Regardless of the truth of an answer received, when we ask questions, we gain
information. If you ask a question and are lied to, you have gained valuable
information about the person, among other things.

It's all about information and you get that information by interacting with
your counterparty. Even if they sit there and don't make a peep while you
talk, you should be gaining valuable information (unless you're a
unobservant). If they open their mouths, you gain even more. If they put
something in writing, you have it in writing.

The most valuable information often comes from what people DON'T say or when
they lie. Don't have time to discuss further today, but people figure that out
on their own over time. Maybe.

In our "Do you have any conflicts of interests example?" If you ask and you
are lied to, you have what you need. They are locked in. They have made a
representation, in writing. You have relied upon it, and you have told them
that you are relying upon it (before you peel back more layers of the onion).
It has legal and ethical consequences for them.

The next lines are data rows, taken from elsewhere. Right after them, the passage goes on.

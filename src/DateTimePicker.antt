-- ===== src/DateTimePicker.antt =====
-- `DateTimePicker` of frontend/src/components/date-time-picker.tsx. A date of the engine is of a type `Date`;
-- its constructor and getters in local time, and the calendar of date-fns, are parameters. A number is
-- none for NaN. `Number` on a text is a parameter too.
pub mod Placing
pub mod RoundTrip
pub mod Numbers
pub mod View
use Prim.Native.String
use telemetryhub.Common.{
  ℕ, ◌+◌, String, List, [], ◌∷◌, Option, none, some, Bool, true, false, not, ◌&&◌, ltb, get_elem?,
  if◌then◌else◌, map, ◌==◌, string_eq,
}
use telemetryhub.Common.Int.{ℤ, pos, negsuc, ◌+ℤ◌, leb_ℤ, ltb_ℤ, ◌-ℤ◌}
use telemetryhub.Js.Text.{text, is_empty, missing_or, split, contains, decimal, size}

pub record Time : Type 0 where
  pub hour : ℤ
  pub minute : ℤ

-- `hh || 0`
abbrev pub or_zero : Option ℤ → ℤ
or_zero none = pos 0
or_zero (some n) = n

-- `${n}` for an integer
unfoldable pub shown : ℤ → String
shown (pos n) = decimal n
shown (negsuc n) = text ("-" ∷ decimal (n + 1) ∷ [])

-- `String(n).padStart(2, '0')`
unfoldable pub pad : ℤ → String
unfolding shown
pad n =
    let s = shown n in
    if ltb (size s) 1
    then text ("00" ∷ s ∷ [])
    else if ltb (size s) 2
    then text ("0" ∷ s ∷ [])
    else s

-- `const [a, b] = parts.map(Number)`: what is missing is undefined, and counts as NaN here.
abbrev number_at : (String → Option ℤ) → List String → ℕ → Option ℤ
number_at number parts i = elim (get_elem? parts i) [ none ↦ none | some s ↦ number s ]

unfoldable pub extract_time : (String → Option ℤ) → String → Time
unfolding split
extract_time number v =
    let time_part : String =
      if contains v "T" then missing_or (get_elem? (split v "T") 1) "" else "00:00" in
    let parts = split time_part ":" in
    if is_empty v then record { hour = pos 0; minute = pos 0 } else record {
      hour = or_zero (number_at number parts 0);
      minute = or_zero (number_at number parts 1);
    }

module _ (Date : Type 0) where
  -- `new Date(y, m, d, hh, mm)` and the getters
  pub record Calendar : Type 0 where
    pub make : Option ℤ → Option ℤ → Option ℤ → ℤ → ℤ → Date
    pub full_year : Date → ℤ
    pub month : Date → ℤ
    pub date : Date → ℤ

  pub record Picker : Type 0 where
    pub open? : Bool
    pub view_month : Date
    pub time : Time

module _ {Date : Type 0} (calendar : Calendar Date) (number : String → Option ℤ) where
  -- `m - 1`, which is NaN for NaN
  abbrev less_one : Option ℤ → Option ℤ
  less_one none = none
  less_one (some m) = some (m -ℤ pos 1)

  unfoldable pub parse_local : String → Date
  unfolding split
  parse_local v =
      let halves = split v "T" in
      let day = split (missing_or (get_elem? halves 0) "") "-" in
      let clock = split (missing_or (get_elem? halves 1) "00:00") ":" in
      calendar.make (number_at number day 0) (less_one (number_at number day 1))
        (number_at number day 2) (or_zero (number_at number clock 0))
        (or_zero (number_at number clock 1))

  -- The text that `emit` passes on: the day of the date, and the time.
  unfoldable pub emitted : Date → Time → String
  unfolding pad shown
  emitted day t =
      let local =
        calendar.make (some (calendar.full_year day)) (some (calendar.month day))
          (some (calendar.date day)) t.hour t.minute in
      text (
        shown (calendar.full_year local)
        ∷ "-"
        ∷ pad (calendar.month local +ℤ pos 1)
        ∷ "-"
        ∷ pad (calendar.date local)
        ∷ "T"
        ∷ pad t.hour
        ∷ ":"
        ∷ pad t.minute
        ∷ [])

  -- The first state.
  unfoldable pub start : Date → String → Picker Date
  unfolding parse_local extract_time
  start now value = record {
    open? = false;
    view_month = if is_empty value then now else parse_local value;
    time = extract_time number value;
  }

  -- `selectedDate`
  unfoldable pub selected_date : String → Option Date
  unfolding parse_local
  selected_date value = if is_empty value then none else some (parse_local value)

  -- The handlers give the new state and the value passed to `onChange`, if any.
  unfoldable pub select_day : Date → Picker Date → Picker Date × Option String
  unfolding emitted
  select_day day s = (record s { view_month = day }, some (emitted day s.time))

  unfoldable pub emit_selected : String → Time → Option String
  unfolding selected_date emitted
  emit_selected value t = elim (selected_date value) [
    | none ↦ none
    | some day ↦ some (emitted day t)
  ]

  unfoldable pub select_hour : String → ℤ → Picker Date → Picker Date × Option String
  unfolding emit_selected
  select_hour value h s =
      let next : Time = record s.time { hour = h } in
      (record s { time = next }, emit_selected value next)

  unfoldable pub select_minute : String → ℤ → Picker Date → Picker Date × Option String
  unfolding emit_selected
  select_minute value m s =
      let next : Time = record s.time { minute = m } in
      (record s { time = next }, emit_selected value next)

-- The place of the popover. Lengths are whole pixels.
pub record Rect : Type 0 where
  pub top : ℤ
  pub bottom : ℤ
  pub left : ℤ
  pub height : ℤ

pub record Pos : Type 0 where
  pub top : ℤ
  pub left : ℤ
  pub width : ℤ

abbrev min : ℤ → ℤ → ℤ
min a b = if leb_ℤ a b then a else b

abbrev max : ℤ → ℤ → ℤ
max a b = if leb_ℤ a b then b else a

-- `openPopover`
unfoldable pub open_popover : Rect → Pos
open_popover rect = record { top = rect.bottom +ℤ pos 6; left = pos 0; width = pos 288 }

unfoldable pub left_of : Rect → ℤ → ℤ
left_of rect inner_width = min rect.left (max (pos 8) (inner_width -ℤ pos 288 -ℤ pos 8))

-- The layout effect, with the height of the popover and the size of the window.
unfoldable pub place : Rect → ℤ → ℤ → ℤ → Pos
unfolding left_of
place rect popup_height inner_width inner_height =
    let below = rect.bottom +ℤ pos 6 in
    record {
      top =
          if ltb_ℤ (inner_height -ℤ pos 8) (below +ℤ popup_height)
          then max (pos 8) (rect.top -ℤ popup_height -ℤ pos 6)
          else below;
      left = left_of rect inner_width;
      width = pos 288;
    }

-- `onReposition`
unfoldable pub on_reposition : Rect → ℤ → Pos
unfolding left_of
on_reposition rect inner_width = record {
  top = rect.bottom +ℤ pos 6;
  left = left_of rect inner_width;
  width = pos 288;
}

Regarding your examples, sounds like you might have had unethical people
inside your company and got what you deserved. Birds of a feather flock
together. Also sounds like you guys were as trusting as schoolchildren and got
fleeced. You did not ask the right questions, such as about conflicts. You did
not require the right, or any, conditions precedent. Smart.

------
wavesplash
Excellent points. I have very little to add but a few minor bits:

\- Don't worry about NDAs with VCs. At least on this side of the pond, no VC
is going to sign them. Don't leave your full deck behind in digital form.
Leave them a summary deck on paper if you absolutely must. (just assume the
deck will get passed outside the firm).

\- Do make sure the VC doesn't have a conflicting investment - if so, assume
everything you talk about will be going into the ears of your competitors.

\- Avoid spotters/associates. Get referred in to a partner by another
entrepreneur they've worked with before (work your linkedin or xing). Don't
take a 1st meeting with an associate (feel free to chat with them on the phone
briefly). If a firm wants to see you, then they can find a partner to talk to
you. Associates can only say 'no' and generally have limited deal experience
and just may not understand your market (of course there are exceptional
individuals and firms where this doesn't apply).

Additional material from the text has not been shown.